Sometimes, when I do something for or with my horse, I get little flashbacks to my youth.
When I was a child I adored horses: I read horse books, I invented horse stories, I played horse games with my horse mad friend, I painted horses, I plastered the walls of my room with horses etc. But in real life I had very little contact to flesh and blood horses.
I tried, but mostly I got some bad experiences out of it. When my uncle bought a couple of horses for his daughters I tried to get involved. But I fell of, or did not get along, and just generally had no idea how to treat a horse.
The only time when I was not afraid of (real) horses was when I was about 3 or 4 years old. A close friend of my fathers had imported some ponies from Island, and I adored them. There exists a picture of me sitting on one of the ponies, my feet not even reaching beyond the saddle. I look completely and utterly happy on that horse. I am pretty sure that the whole horse madness started there: in the saddle of a Islandic pony, not even a very safe one, where I felt this perfect rightnes, the one I have been looking for ever since.
I have a very dim memory of riding in front of my fathers friend and falling of. I rolled down a bank, laughing all the time, while he was looking for me and quite worried (he later lost a daughter in a riding accident). A short time later, maybe when I was 5 or 6, I changed and became the fearful person I am today.

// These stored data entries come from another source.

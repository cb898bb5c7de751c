-- ===== src/BridgeTelemetry/Live.antt =====
-- `collect_inputs` and `bridge_telemetry_get_snapshot` on the variables of the other parts.
use esp_nmea_bridge_zephyr.Base.{
  ℕ, ◌+◌, ◌≡◌, refl, ap, Bool, Option, none, some, List, [], ◌∷◌, arith, if◌then◌else◌, ltb, u32,
  length,
}
use esp_nmea_bridge_zephyr.Base.Int.{ℤ, pos}
use esp_nmea_bridge_zephyr.NmeaBridge
use esp_nmea_bridge_zephyr.NmeaBridge.{Bridge, BridgeStats, no_bridge_stats}
use esp_nmea_bridge_zephyr.UartNmea
use esp_nmea_bridge_zephyr.UartNmea.{UartStats, no_uart_stats}
use esp_nmea_bridge_zephyr.TcpNmeaServer.{
  Server, ServerStats, Client, get_server_stats, count_clients,
}
use esp_nmea_bridge_zephyr.TcpNmeaSession
use esp_nmea_bridge_zephyr.TcpNmeaSession.{Shared}
use esp_nmea_bridge_zephyr.WifiManager.{Wifi, Iface, sta_ready}
use esp_nmea_bridge_zephyr.BridgeTelemetry.{
  connected, disconnected, Snapshot, Inputs, TelemetryState, collect_inputs, copy_counters,
  note_frames, snapshot_of, build_snapshot,
}

-- The static variables of the parts, with what the station's interface shows.
pub record Firmware (Q : Type 0) : Type 0 where
  pub uart_stats : UartStats
  pub shared : Shared Q
  pub server : Server
  pub wifi : Wifi
  pub net : Iface
  pub telemetry : TelemetryState

-- The inputs of what the four calls have written, all of which write something.
gathered :
    Option UartStats → Option BridgeStats → Option ServerStats → Option ℕ → Bool → Option Inputs
unfolding collect_inputs
gathered (some uart) (some bridge) (some server) (some sessions) ready =
    some (collect_inputs uart bridge server.active_clients server.max_clients sessions ready)
gathered _ _ _ _ _ = none

abbrev no_server_stats : ServerStats
no_server_stats = record { active_clients = 0; max_clients = 0 }

module _ {Q : Type 0} where
  -- `collect_inputs`; the local structures are not set before the calls write to them.
  pub collect_live : Firmware Q → Wifi × Option Inputs
  unfolding gathered sta_ready
  collect_live fw =
      let inputs =
        gathered (UartNmea.get_stats fw.uart_stats (some no_uart_stats))
          (NmeaBridge.get_stats fw.shared.bridge (some no_bridge_stats))
          (get_server_stats fw.server (some no_server_stats))
          (TcpNmeaSession.get_stats fw.shared (some 0)) (sta_ready fw.wifi fw.net).1 in
      ((sta_ready fw.wifi fw.net).0, inputs)

  built : Firmware Q → Option TelemetryState × Option Snapshot → Firmware Q × Option Snapshot
  built fw (none, s) = (fw, s)
  built fw (some state, s) = (record fw { telemetry = state }, s)

  -- `bridge_telemetry_get_snapshot`; the last argument is what `snapshot` points to.
  unfoldable pub get_snapshot : Firmware Q → ℕ → Option Snapshot → Firmware Q × Option Snapshot
  unfolding collect_live built build_snapshot
  get_snapshot fw now_ms none = (fw, none)
  get_snapshot fw now_ms (some old) =
      built (record fw { wifi = (collect_live fw).0 })
        (build_snapshot (some fw.telemetry) (collect_live fw).1 (pos now_ms) (some old))

-- The number of active slots.
abbrev pub active_slots : List Client → ℕ
active_slots [] = 0
active_slots (c ∷ cs) = (if c.active then 1 else 0) + active_slots cs

-- What a snapshot shows of the parts.
pub record Shows {Q : Type 0} (fw : Firmware Q) (s : Snapshot) : Type 0 where
  pub connection_state :
      s.connection_state ≡ (if ltb 0 fw.shared.active_sessions then connected else disconnected)
  pub data_quality :
      s.warnings.data_quality
      ≡ ltb 0 (
          fw.uart_stats.overlong_lines + fw.shared.bridge.bridge_stats.publish_invalid
          + fw.shared.bridge.bridge_stats.publish_oversize)
  pub frame_loss :
      s.warnings.frame_loss
      ≡ ltb 0 (
          fw.shared.bridge.bridge_stats.ingest_dropped_oldest
          + fw.shared.bridge.bridge_stats.sink_dropped_oldest)
  pub sta_ready : s.sta_ready ≡ (sta_ready fw.wifi fw.net).1
  pub counters : s.counters ≡ record {
    uart_bytes_rx = fw.uart_stats.bytes_rx;
    uart_lines_rx = fw.uart_stats.lines_rx;
    uart_overlong_lines = fw.uart_stats.overlong_lines;
    bridge_frames_in = fw.shared.bridge.bridge_stats.frames_in;
    bridge_ingest_dropped_oldest = fw.shared.bridge.bridge_stats.ingest_dropped_oldest;
    bridge_sink_dropped_oldest = fw.shared.bridge.bridge_stats.sink_dropped_oldest;
    bridge_publish_no_sinks = fw.shared.bridge.bridge_stats.publish_no_sinks;
    bridge_publish_invalid = fw.shared.bridge.bridge_stats.publish_invalid;
    bridge_publish_oversize = fw.shared.bridge.bridge_stats.publish_oversize;
    tcp_nmea_active_sessions = fw.shared.active_sessions;
    tcp_server_active_clients = u32 (active_slots fw.server.clients);
    tcp_server_max_clients = length fw.server.clients;
  }

count_clients_lem :
    (cs : List Client) (n : ℕ) → n ≡ u32 n → count_clients cs n ≡ u32 (n + active_slots cs)
unfolding count_clients
count_clients_lem [] n fit = omega (arith, fit)
count_clients_lem (c ∷ cs) n fit =
    ground (arith, count_clients_lem cs (if c.active then u32 (n + 1) else n) (ground (arith, fit)))

-- The inputs that `collect_inputs` gathers.
collected : {Q : Type 0} → Firmware Q → Inputs
unfolding collect_inputs
collected fw =
    collect_inputs fw.uart_stats fw.shared.bridge.bridge_stats (count_clients fw.server.clients 0)
      (length fw.server.clients) fw.shared.active_sessions (sta_ready fw.wifi fw.net).1

snapshot_of-Shows :
    {Q : Type 0} (fw : Firmware Q) (state : TelemetryState) (now : ℤ)
    → Shows fw (snapshot_of state (collected fw) now)
unfolding collected snapshot_of copy_counters
snapshot_of-Shows fw state now =
    let count = count_clients_lem fw.server.clients 0 (omega arith) in
    let active : count_clients fw.server.clients 0 ≡ u32 (active_slots fw.server.clients) =
      omega (arith, count) in
    record {
      connection_state = refl;
      data_quality = ground arith;
      frame_loss = ground arith;
      sta_ready = refl;
      counters =
          ap (λ n. record (copy_counters (collected fw)) { tcp_server_active_clients = n }) active;
    }

-- `bridge_telemetry_get_snapshot` writes a snapshot that shows the parts as they are: connected exactly
-- if a session is active, each warning exactly if one of its counters is not 0, the answer of the
-- Wi-Fi manager, and the twelve counters, each of its own part. It changes no other variable than its
-- own state and, by that question, those of the Wi-Fi manager; for a null pointer it changes nothing.
pub get_snapshot-Shows :
    {Q : Type 0} (fw : Firmware Q) (now_ms : ℕ) (old : Snapshot)
    → (state : TelemetryState) × (s : Snapshot) × (get_snapshot fw now_ms (some old)
        ≡ (record fw { telemetry = state; wifi = (sta_ready fw.wifi fw.net).0 }, some s))
      × Shows fw s
      × (get_snapshot fw now_ms none ≡ (fw, none))
unfolding get_snapshot collect_live built gathered get_server_stats UartNmea.get_stats
    NmeaBridge.get_stats TcpNmeaSession.get_stats build_snapshot collected
get_snapshot-Shows fw now_ms old =
    let i = collected fw in
    let state = note_frames fw.telemetry i (pos now_ms) in
    (state, snapshot_of state i (pos now_ms), refl, snapshot_of-Shows fw state (pos now_ms), refl)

But that couldn’t stop me from trying to get into contact with horses. There were the arabs that an architect kept in a field behind the appartment building we were living in, or the ponies to be ridden at the local fair. When I was 16 it took all my courage to ask a lady in our village to give me riding lessons. She was a horrible teacher, the horse was a much better one. Sadly I did not really profit from it, as I was petrified with fear most of the time. I often cried in the lessons.
A lot of my time was spent cleaning horses. The horse I rode did not have a very nice personality: as soon as the teachers head was turned, it would use my fear against me and no longer let me near. I went there for years, and am very sorry for it, as I am still trying to unlearn the stupid things I was taught there, by the teacher and by my fear.
A turning point was when I went for a riding holiday in France. We went for a two or three hour ride every day, in beautiful landscape. It took a lot of courage for me to ride, and I was always glad when it was over. But the rest of the days were pure bliss. I am usually a late sleeper, but in that week I was always the first person up, visiting the horses, smelling the horses, listening to the horses, just being around the horses. I was happy there. And I came back again and again. Those holidays were a kind of therapy for me.
But what I wanted to get at in the beginning are those flashbacks when I realise that today I am a person who owns a horse (even two, if you count the absent pony in). I am one of those lucky people I was so much in awe of, those I desperately wanted to be but didn’t dare believe that I would ever turn into. When I was a young women I even decided I did not WANT to own a horse, this being so stressful and expensive and so on (and right I was).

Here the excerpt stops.